-- ===== src/H2/Reader.antt =====
-- `read_preface` and `read_next_frame` of src/http2/mod.rs: frames are taken from the buffer, which
-- is filled from the reader. What arrives at the reader, which tokio provides, is a list of pieces:
-- a read delivers of the first piece what its window holds, and nothing after the last.
pub mod Fill
pub mod Fragments
mod Tests
use qhttp.Base.{
  same_bytes, ℕ, zero, suc, false, true, ◌≡◌, Bool, List, [], ◌∷◌, ◌++◌, ok, err, panic, ◌==◌, ltb,
  leb, not, if◌then◌else◌, length, take, drop, slice, IoResult, IoError, or_panic, refuse_if, ◌>>=◌,
  ◌>>◌,
}
use qhttp.Buffer.{
  Buffer, as_ref, progress, rotate_buffer, available_for_read, available_for_write,
  read_from_reader,
}
use qhttp.H2.Error.{H2Error, H2Result}
use qhttp.H2.Crates.{Crates}
use qhttp.H2.Frame.{Frame}
use qhttp.H2.Frame.Wire.{FrameHeaderRaw, from_slice, from_header_and_payload, protocol_error}

-- A piece of bytes that arrives, or an error of the reader.
pub data Arrival : Type 0 where
  bytes : List ℕ → Arrival
  failed : IoError → Arrival

pub record Connected : Type 0 where
  pub buffer : Buffer
  pub arrivals : List Arrival

abbrev pub deliver : List Arrival → ℕ → IoResult (List ℕ)
deliver [] room = ok []
deliver (bytes piece ∷ rest) room = ok (take room piece)
deliver (failed e ∷ rest) room = err e

-- What is still to arrive after a read of `n` bytes.
abbrev pub arrive : List Arrival → ℕ → List Arrival
arrive [] n = []
arrive (bytes piece ∷ rest) n = if leb (length piece) n then rest else bytes (drop n piece) ∷ rest
arrive (failed e ∷ rest) n = rest

-- A method of the buffer, whose errors become a PROTOCOL_ERROR.
abbrev pub map_io : {A : Type 0} → IoResult A → H2Result A
map_io (ok a) = ok a
map_io (err e) = err protocol_error
map_io panic = panic

-- One read; nothing read is the end of the connection.
unfoldable pub read_some : Connected → H2Result Connected
read_some c = do
  (buffer, n) ← map_io (read_from_reader c.buffer (deliver c.arrivals))
  refuse_if (n == 0) protocol_error
  ok (record { buffer = buffer; arrivals = arrive c.arrivals n })

-- Reading until `size` bytes are there. `fuel` bounds the reads. The loop for a payload also stops
-- when the buffer is full; where `check_full` is false, the read of a full buffer delivers nothing.
unfoldable pub fill : (fuel : ℕ) → (check_full : Bool) → ℕ → Connected → H2Result Connected
fill zero check_full size c = panic
fill (suc fuel) check_full size c =
    if leb size (available_for_read c.buffer)
    then ok c
    else (refuse_if (if check_full then available_for_write c.buffer == 0 else check_full)
          protocol_error
        >> read_some c
        >>= λ c'. fill fuel check_full size c')

abbrev pub header_size : ℕ
header_size = 9

-- `self.buffer.progress(n); self.buffer.rotate_buffer();`
unfoldable pub consume : Connected → ℕ → H2Result Connected
consume c n =
    map_io (rotate_buffer (progress c.buffer n)) >>= λ buffer. ok (record c { buffer = buffer })

-- The first part of `read_next_frame`: the raw header.
unfoldable pub read_header : Connected → H2Result (FrameHeaderRaw × Connected)
read_header c = do
  c₁ ← fill (suc header_size) false header_size c
  unread ← map_io (as_ref c₁.buffer)
  header ← from_slice unread
  c₂ ← consume c₁ header_size
  ok (header, c₂)

module _ (lib : Crates) where
  -- The second part: the payload, and the frame.
  unfoldable pub read_payload : FrameHeaderRaw → Connected → H2Result (Frame × Connected)
  read_payload header c = do
    c₁ ← fill (suc header.length) true header.length c
    unread ← map_io (as_ref c₁.buffer)
    payload ← or_panic (slice unread 0 header.length)
    frame ← from_header_and_payload lib header payload
    c₂ ← consume c₁ header.length
    ok (frame, c₂)

  unfoldable pub read_next_frame : Connected → H2Result (Frame × Connected)
  read_next_frame c = read_header c >>= λ r. read_payload r.0 r.1

-- `read_preface`, with its errors as the PROTOCOL_ERROR of `map_io`: `handle_inner` only logs them.
unfoldable pub read_preface : (preface : List ℕ) → Connected → H2Result Connected
read_preface preface c = do
  let size = length preface
  c₁ ← fill (suc size) false size c
  unread ← map_io (as_ref c₁.buffer)
  found ← or_panic (slice unread 0 size)
  refuse_if (not (same_bytes found preface)) protocol_error
  ok (record c₁ { buffer = progress c₁.buffer size })
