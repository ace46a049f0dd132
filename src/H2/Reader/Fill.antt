-- ===== src/H2/Reader/Fill.antt =====
-- Filling the buffer: the bytes that were unread and the bytes that arrive keep their order.
use qhttp.Base.{
  ℕ, zero, suc, ◌-◌, ◌≡◌, ◌≤◌, ◌<◌, refl, ap, ◌∙◌, Bool, true, false, List, [], ◌∷◌, ◌++◌,
  append_assoc, ok, arith, leb, ◌==◌, length, take, length-take, length-append, length-drop,
  Bool-cases, leb→le, inl, inr, min,
}
use qhttp.Buffer.{Buffer, available_for_read, available_for_write}
use qhttp.Buffer.Contents.{IsValid, contents, capacity, length-contents}
use qhttp.Buffer.Fill.{read_from_reader_lem}
use qhttp.H2.Reader.{Arrival, bytes, failed, Connected, deliver, arrive, read_some, fill}

-- All bytes that are still to come; they come without an error and in pieces that are not empty.
abbrev pub all_bytes : List Arrival → List ℕ
all_bytes [] = []
all_bytes (bytes piece ∷ rest) = piece ++ all_bytes rest
all_bytes (failed e ∷ rest) = []

abbrev pub Arrives : List Arrival → Type 0
Arrives [] = Unit {0}
Arrives (bytes piece ∷ rest) = (0 < length piece) × Arrives rest
Arrives (failed e ∷ rest) = Unit {0}

-- The bytes ahead of the program: unread in the buffer, or still to arrive.
abbrev pub ahead : Connected → List ℕ
ahead c = contents c.buffer ++ all_bytes c.arrivals

-- `c'` has the same bytes ahead, in a valid buffer of the same capacity.
pub record Same (c c' : Connected) : Type 0 where
  pub valid : IsValid c'.buffer
  pub fed : Arrives c'.arrivals
  pub same : ahead c' ≡ ahead c
  pub room : capacity c'.buffer ≡ capacity c.buffer

pub arrive-bytes :
    (piece : List ℕ) (rest : List Arrival) (n : ℕ)
    → take n piece ++ all_bytes (arrive (bytes piece ∷ rest) (length (take n piece)))
      ≡ piece ++ all_bytes rest
arrive-bytes [] rest zero = refl
arrive-bytes [] rest (suc n) = refl
arrive-bytes (x ∷ xs) rest zero = ground arith
arrive-bytes (x ∷ xs) rest (suc n) =
    let h = arrive-bytes xs rest n in
    elim (Bool-cases (leb (length xs) (length (take n xs)))) [
      | inl e ↦
          (let h' = rw e at h in
            let e' : leb (suc (length xs)) (suc (length (take n xs))) ≡ true = ground (arith, e) in
            rw e' (ap (◌∷◌ x) h'))
      | inr e ↦
          (let h' = rw e at h in
            let e' : leb (suc (length xs)) (suc (length (take n xs))) ≡ false = ground (arith, e) in
            rw e' (ap (◌∷◌ x) h'))
    ]

pub arrive-Arrives :
    (piece : List ℕ) (rest : List Arrival) (n : ℕ)
    → Arrives rest
    → Arrives (arrive (bytes piece ∷ rest) n)
arrive-Arrives piece rest n h = elim (Bool-cases (leb (length piece) n)) [
  | inl e ↦ rw e h
  | inr e ↦ rw e (ground (arith, e, length-drop n piece), h)
]

pub read_some_lem :
    (b : Buffer) (piece : List ℕ) (rest : List Arrival)
    → let c : Connected = record { buffer = b; arrivals = bytes piece ∷ rest } in
      IsValid b
      → Arrives c.arrivals
      → length (contents b) < capacity b
      → (c' : Connected) × (read_some c ≡ ok c')
        × Same c c'
        × (length (contents b) < length (contents c'.buffer))
unfolding read_some
read_some_lem b piece rest v a less =
    let c : Connected = record { buffer = b; arrivals = bytes piece ∷ rest } in
    let room : ℕ = capacity b - length (contents b) in
    let size : length (take room piece) ≡ min room (length piece) = length-take room piece in
    let (b', e, v', ct, cp) =
      read_from_reader_lem (deliver c.arrivals) (take room piece) v refl (omega (arith, size)) in
    let zero_test : (length (take room piece) == 0) ≡ false = ground (arith, size, a.0, less) in
    (
      record { buffer = b'; arrivals = arrive c.arrivals (length (take room piece)) },
      rw e (rw zero_test refl),
      record {
        valid = v';
        fed = arrive-Arrives piece rest (length (take room piece)) a.1;
        same =
            ap (λ (xs : List ℕ). xs ++ all_bytes (arrive c.arrivals (length (take room piece)))) ct
            ∙ append_assoc (contents b) (take room piece) _
            ∙ ap (λ (xs : List ℕ). contents b ++ xs) (arrive-bytes piece rest room);
        room = cp;
      },
      rw ct (omega (arith, size, length-append (contents b) (take room piece), a.0, less)),
    )

Same-trans : (c d e : Connected) → Same c d → Same d e → Same c e
Same-trans c d e s t = record {
  valid = t.valid;
  fed = t.fed;
  same = t.same ∙ s.same;
  room = t.room ∙ s.room;
}

pub available_for_read-contents :
    {b : Buffer} → IsValid b → available_for_read b ≡ length (contents b)
unfolding available_for_read
available_for_read-contents {b} v = ground (arith, length-contents v)

pub available_for_write-contents :
    {b : Buffer} → IsValid b → available_for_write b ≡ capacity b - length (contents b)
unfolding available_for_write
available_for_write-contents {b} v = ground (arith, length-contents v)

filled :
    (fuel : ℕ) (check_full : Bool) (size : ℕ) (c : Connected)
    → IsValid c.buffer
    → Arrives c.arrivals
    → size ≤ length (contents c.buffer)
    → (c' : Connected) × (fill (suc fuel) check_full size c ≡ ok c')
      × Same c c'
      × (size ≤ length (contents c'.buffer))
unfolding fill
filled fuel check_full size c v a h =
    let e : leb size (available_for_read c.buffer) ≡ true =
      rw (available_for_read-contents v) (ground (arith, h)) in
    (c, rw e refl, record { valid = v; fed = a; same = refl; room = refl }, h)

-- The loop goes on after a read.
fill-more :
    (fuel : ℕ) (check_full : Bool) (size : ℕ) (c c' : Connected)
    → IsValid c.buffer
    → length (contents c.buffer) < size
    → size ≤ capacity c.buffer
    → read_some c ≡ ok c'
    → fill (suc fuel) check_full size c ≡ fill fuel check_full size c'
unfolding fill
fill-more fuel check_full size c c' v less fits e =
    let short : leb size (available_for_read c.buffer) ≡ false =
      rw (available_for_read-contents v) (ground (arith, less)) in
    let free : (available_for_write c.buffer == 0) ≡ false =
      rw (available_for_write-contents v) (ground (arith, less, fits)) in
    elim (Bool-cases check_full) [
      | inl f ↦ rw (short, f, free, e) refl
      | inr f ↦ rw (short, f, e) refl
    ]

-- When enough bytes are ahead, and fit, the buffer is filled with them.
pub fill_lem :
    (fuel : ℕ) (check_full : Bool) (size : ℕ) (b : Buffer) (arrivals : List Arrival)
    → let c : Connected = record { buffer = b; arrivals = arrivals } in
      IsValid b
      → Arrives arrivals
      → size ≤ capacity b
      → size ≤ length (ahead c)
      → size - length (contents b) < fuel
      → (c' : Connected) × (fill fuel check_full size c ≡ ok c')
        × Same c c'
        × (size ≤ length (contents c'.buffer))
fill_lem zero check_full size b arrivals v a fits there enough = absurd (omega (arith, enough))
fill_lem (suc fuel) check_full size b [] v a fits there enough =
    filled fuel check_full size (record { buffer = b; arrivals = [] }) v a
      (ground (arith, there, length-append (contents b) []))
fill_lem (suc fuel) check_full size b (failed e ∷ rest) v a fits there enough =
    filled fuel check_full size (record { buffer = b; arrivals = failed e ∷ rest }) v a
      (ground (arith, there, length-append (contents b) []))
fill_lem (suc fuel) check_full size b (bytes piece ∷ rest) v a fits there enough =
    let c : Connected = record { buffer = b; arrivals = bytes piece ∷ rest } in
    elim (Bool-cases (leb size (length (contents b)))) [
      | inl e ↦ filled fuel check_full size c v a (leb→le _ _ e)
      | inr e ↦
          (let less : length (contents b) < size = ground (arith, e) in
            let (c', r, s, grows) = read_some_lem b piece rest v a (omega (arith, less, fits)) in
            let (c'', q, t, done) =
              fill_lem fuel check_full size c'.buffer c'.arrivals s.valid s.fed (rw s.room fits)
                (rw s.same there) (omega (arith, enough, grows, less)) in
            (
              c'',
              fill-more fuel check_full size c c' v less fits r ∙ q,
              Same-trans c c' c'' s t,
              done,
            ))
    ]
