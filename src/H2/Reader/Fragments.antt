-- ===== src/H2/Reader/Fragments.antt =====
-- A frame is read whole, in whatever pieces its bytes arrive.
use qhttp.Base.{
  ℕ, zero, suc, ◌≡◌, ◌≢◌, ◌≤◌, ◌<◌, ◌^◌, refl, sym, ap, ◌∙◌, true, false, List, [], ◌∷◌, ◌++◌, ok,
  arith, length, take, drop, slice, drop-append_self, length-append, IsU31, some,
}
use qhttp.Buffer.{Buffer, progress}
use qhttp.Buffer.Contents.{
  IsValid, contents, capacity, length-contents, as_ref-contents, rotate_buffer_lem,
}
use qhttp.Buffer.Drain.{progress_lem}
use qhttp.H2.Crates.{FrameType, Crates, flag_padded, flag_priority}
use qhttp.H2.Frame.{Frame}
use qhttp.H2.Frame.Wire.{from_slice, from_header_and_payload, frame_bytes}
use qhttp.H2.Frame.Wire.Legal.{IsLegal}
use qhttp.H2.Frame.Wire.RoundTrip.{raw_of, from_slice-frame_bytes, read_frame-frame_bytes}
use qhttp.H2.Reader.{
  Arrival, Connected, fill, consume, header_size, read_header, read_payload, read_next_frame,
}
use qhttp.H2.Reader.Fill.{all_bytes, Arrives, ahead, Same, fill_lem}

drop-append :
    {A : Type 0} (n : ℕ) (xs ys : List A) → n ≤ length xs → drop n (xs ++ ys) ≡ drop n xs ++ ys
drop-append zero xs ys h = refl
drop-append (suc n) [] ys h = absurd (omega (arith, h))
drop-append (suc n) (x ∷ xs) ys h = drop-append n xs ys (omega (arith, h))

-- Taking a front that is there.
front :
    (xs ys p rest : List ℕ) → xs ++ ys ≡ p ++ rest → length p ≤ length xs → take (length p) xs ≡ p
front xs ys [] rest e h = refl
front [] ys (b ∷ p) rest e h = absurd (omega (arith, h))
front (x ∷ xs) ys (b ∷ p) rest e h =
    let head : x ≡ b = cc in
    let tail : xs ++ ys ≡ p ++ rest = cc in
    rw (head, front xs ys p rest tail (omega (arith, h))) refl

-- A raw header needs nine bytes only.
from_slice-append :
    (xs ys : List ℕ) → header_size ≤ length xs → from_slice (xs ++ ys) ≡ from_slice xs
unfolding from_slice
from_slice-append [] ys h = absurd (omega (arith, h))
from_slice-append (b₀ ∷ []) ys h = absurd (omega (arith, h))
from_slice-append (b₀ ∷ b₁ ∷ []) ys h = absurd (omega (arith, h))
from_slice-append (b₀ ∷ b₁ ∷ b₂ ∷ []) ys h = absurd (omega (arith, h))
from_slice-append (b₀ ∷ b₁ ∷ b₂ ∷ b₃ ∷ []) ys h = absurd (omega (arith, h))
from_slice-append (b₀ ∷ b₁ ∷ b₂ ∷ b₃ ∷ b₄ ∷ []) ys h = absurd (omega (arith, h))
from_slice-append (b₀ ∷ b₁ ∷ b₂ ∷ b₃ ∷ b₄ ∷ b₅ ∷ []) ys h = absurd (omega (arith, h))
from_slice-append (b₀ ∷ b₁ ∷ b₂ ∷ b₃ ∷ b₄ ∷ b₅ ∷ b₆ ∷ []) ys h = absurd (omega (arith, h))
from_slice-append (b₀ ∷ b₁ ∷ b₂ ∷ b₃ ∷ b₄ ∷ b₅ ∷ b₆ ∷ b₇ ∷ []) ys h = absurd (omega (arith, h))
from_slice-append (b₀ ∷ b₁ ∷ b₂ ∷ b₃ ∷ b₄ ∷ b₅ ∷ b₆ ∷ b₇ ∷ b₈ ∷ xs) ys h =
    ground (arith, length-append xs ys)

frame_bytes-long : (f : Frame) (rest : List ℕ) → header_size ≤ length (frame_bytes f ++ rest)
unfolding frame_bytes
frame_bytes-long f rest = ground arith

-- Consuming unread bytes.
consume_lem :
    (c : Connected) (n : ℕ)
    → IsValid c.buffer
    → Arrives c.arrivals
    → n ≤ length (contents c.buffer)
    → (c' : Connected) × (consume c n ≡ ok c')
      × IsValid c'.buffer
      × Arrives c'.arrivals
      × (ahead c' ≡ drop n (ahead c))
      × (contents c'.buffer ≡ drop n (contents c.buffer))
      × (capacity c'.buffer ≡ capacity c.buffer)
unfolding consume
consume_lem c n v a h =
    let small : n < 2 ^ 63 = omega (arith, h, length-contents v, v.small, v.in_range) in
    let (w, k, r) = progress_lem {b = c.buffer} n v small in
    let (b', e, w', k', z, r') = rotate_buffer_lem {b = progress c.buffer n} w in
    (
      record { buffer = b'; arrivals = c.arrivals },
      rw e refl,
      w',
      a,
      ap (λ (xs : List ℕ). xs ++ all_bytes c.arrivals) (k' ∙ k)
          ∙ sym (drop-append n (contents c.buffer) (all_bytes c.arrivals) h),
      k' ∙ k,
      r' ∙ r,
    )

-- What is left after consuming `p` of the bytes ahead.
record Consumed (c : Connected) (rest : List ℕ) (b : Buffer) : Type 0 where
  valid : IsValid c.buffer
  fed : Arrives c.arrivals
  left : ahead c ≡ rest
  room : capacity c.buffer ≡ capacity b

header_at :
    (c c₁ : Connected) (f : Frame) (rest : List ℕ)
    → fill (suc header_size) false header_size c ≡ ok c₁
    → Same c c₁
    → header_size ≤ length (contents c₁.buffer)
    → ahead c ≡ frame_bytes f ++ rest
    → length f.payload < 2 ^ 24
    → IsU31 f.header.stream
    → (c' : Connected) × (read_header c ≡ ok (raw_of f, c'))
      × Consumed c' (f.payload ++ rest) c.buffer
unfolding read_header
header_at c c₁ f rest e s there front_of len u =
    let (parsed, dropped) = from_slice-frame_bytes f rest len u in
    let header : from_slice (contents c₁.buffer) ≡ ok (raw_of f) =
      sym (from_slice-append (contents c₁.buffer) (all_bytes c₁.arrivals) there)
      ∙ ap from_slice (s.same ∙ front_of)
      ∙ parsed in
    let (c', e', v', a', k, l, r) = consume_lem c₁ header_size s.valid s.fed there in
    (
      c',
      rw (e, as_ref-contents s.valid, header, e') refl,
      record {
        valid = v';
        fed = a';
        left = k ∙ ap (drop header_size) (s.same ∙ front_of) ∙ dropped;
        room = r ∙ s.room;
      },
    )

module _ (lib : Crates) where
  payload_at :
      (c c₁ : Connected) (f : Frame) (rest : List ℕ)
      → fill (suc (length f.payload)) true (length f.payload) c ≡ ok c₁
      → Same c c₁
      → length f.payload ≤ length (contents c₁.buffer)
      → ahead c ≡ f.payload ++ rest
      → from_header_and_payload lib (raw_of f) f.payload ≡ ok f
      → (c' : Connected) × (read_payload lib (raw_of f) c ≡ ok (f, c')) × Consumed c' rest c.buffer
  unfolding read_payload
  payload_at c c₁ f rest e s there front_of parsed =
      let payload : take (length f.payload) (contents c₁.buffer) ≡ f.payload =
        front (contents c₁.buffer) (all_bytes c₁.arrivals) f.payload rest (s.same ∙ front_of)
          there in
      let (c', e', v', a', k, l, r) = consume_lem c₁ (length f.payload) s.valid s.fed there in
      let sliced : slice (contents c₁.buffer) 0 (length f.payload) ≡ some f.payload =
        ground (arith, payload, there) in
      (
        c',
        rw (e, as_ref-contents s.valid, sliced, parsed, e') refl,
        record {
          valid = v';
          fed = a';
          left =
              k
              ∙ ap (drop (length f.payload)) (s.same ∙ front_of)
              ∙ drop-append_self f.payload rest;
          room = r ∙ s.room;
        },
      )

  -- Whatever was unread and in whatever pieces the rest arrives, none of them empty: when the bytes
  -- of a written frame are ahead, and the buffer can hold a header and the payload, that frame is
  -- what `read_next_frame` reads, and exactly its bytes are consumed. The frame is one that the
  -- server can read: legal, no CONTINUATION, with known flags only and not padded.
  pub read_next_frame-frame_bytes :
      (b : Buffer) (arrivals : List Arrival) (f : Frame) (rest : List ℕ)
      → IsValid b
      → Arrives arrivals
      → ahead (record { buffer = b; arrivals = arrivals }) ≡ frame_bytes f ++ rest
      → header_size ≤ capacity b
      → length f.payload ≤ capacity b
      → length f.payload < 2 ^ 24
      → IsU31 f.header.stream
      → lib.flags.from_bits_truncate f.header.flags ≡ f.header.flags
      → lib.flags.contains f.header.flags flag_padded ≡ false
      → f.header.type ≢ FrameType.continuation
      → IsLegal f.header.type false
          (lib.flags.contains f.header.flags flag_priority)
          (length f.payload)
          f.header.stream
      → (c' : Connected) × (read_next_frame lib (record { buffer = b; arrivals = arrivals })
          ≡ ok (f, c'))
        × IsValid c'.buffer
        × (ahead c' ≡ rest)
        × (capacity c'.buffer ≡ capacity b)
  unfolding read_next_frame
  read_next_frame-frame_bytes b arrivals f rest v a front_of room₉ roomₚ len s known unpadded ne
        legal =
      let c : Connected = record { buffer = b; arrivals = arrivals } in
      let (c₁, e₁, s₁, there₁) =
        fill_lem (suc header_size) false header_size b arrivals v a room₉
          (rw front_of (frame_bytes-long f rest)) (omega arith) in
      let (c₂, e₂, t₂) = header_at c c₁ f rest e₁ s₁ there₁ front_of len s in
      let (c₃, e₃, s₃, there₃) =
        fill_lem (suc (length f.payload)) true (length f.payload) c₂.buffer c₂.arrivals t₂.valid
          t₂.fed (rw t₂.room roomₚ) (rw t₂.left (omega (arith, length-append f.payload rest)))
          (omega arith) in
      let parsed : from_header_and_payload lib (raw_of f) f.payload ≡ ok f =
        rw (from_slice-frame_bytes f rest len s).0 at
          (read_frame-frame_bytes lib f rest len s known unpadded ne legal) in
      let (c₄, e₄, t₄) = payload_at c₂ c₃ f rest e₃ s₃ there₃ t₂.left parsed in
      (c₄, rw (e₂, e₄) refl, t₄.valid, t₄.left, t₄.room ∙ t₂.room)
____________
**Try it:** Would you print exactly and only the lines of the material above that run from the line with "abbrev pub map_io" through the line with "frame ← from_header_and_payload", both included?

**Solved exercise:**
abbrev pub map_io : {A : Type 0} → IoResult A → H2Result A
map_io (ok a) = ok a
map_io (err e) = err protocol_error
map_io panic = panic

-- One read; nothing read is the end of the connection.
unfoldable pub read_some : Connected → H2Result Connected
read_some c = do
  (buffer, n) ← map_io (read_from_reader c.buffer (deliver c.arrivals))
  refuse_if (n == 0) protocol_error
  ok (record { buffer = buffer; arrivals = arrive c.arrivals n })

-- Reading until `size` bytes are there. `fuel` bounds the reads. The loop for a payload also stops
-- when the buffer is full; where `check_full` is false, the read of a full buffer delivers nothing.
unfoldable pub fill : (fuel : ℕ) → (check_full : Bool) → ℕ → Connected → H2Result Connected
fill zero check_full size c = panic
fill (suc fuel) check_full size c =
    if leb size (available_for_read c.buffer)
    then ok c
    else (refuse_if (if check_full then available_for_write c.buffer == 0 else check_full)
          protocol_error
        >> read_some c
        >>= λ c'. fill fuel check_full size c')

abbrev pub header_size : ℕ
header_size = 9

-- `self.buffer.progress(n); self.buffer.rotate_buffer();`
unfoldable pub consume : Connected → ℕ → H2Result Connected
consume c n =
    map_io (rotate_buffer (progress c.buffer n)) >>= λ buffer. ok (record c { buffer = buffer })

-- The first part of `read_next_frame`: the raw header.
unfoldable pub read_header : Connected → H2Result (FrameHeaderRaw × Connected)
read_header c = do
  c₁ ← fill (suc header_size) false header_size c
  unread ← map_io (as_ref c₁.buffer)
  header ← from_slice unread
  c₂ ← consume c₁ header_size
  ok (header, c₂)

module _ (lib : Crates) where
  -- The second part: the payload, and the frame.
  unfoldable pub read_payload : FrameHeaderRaw → Connected → H2Result (Frame × Connected)
  read_payload header c = do
    c₁ ← fill (suc header.length) true header.length c
    unread ← map_io (as_ref c₁.buffer)
    payload ← or_panic (slice unread 0 header.length)
    frame ← from_header_and_payload lib header payload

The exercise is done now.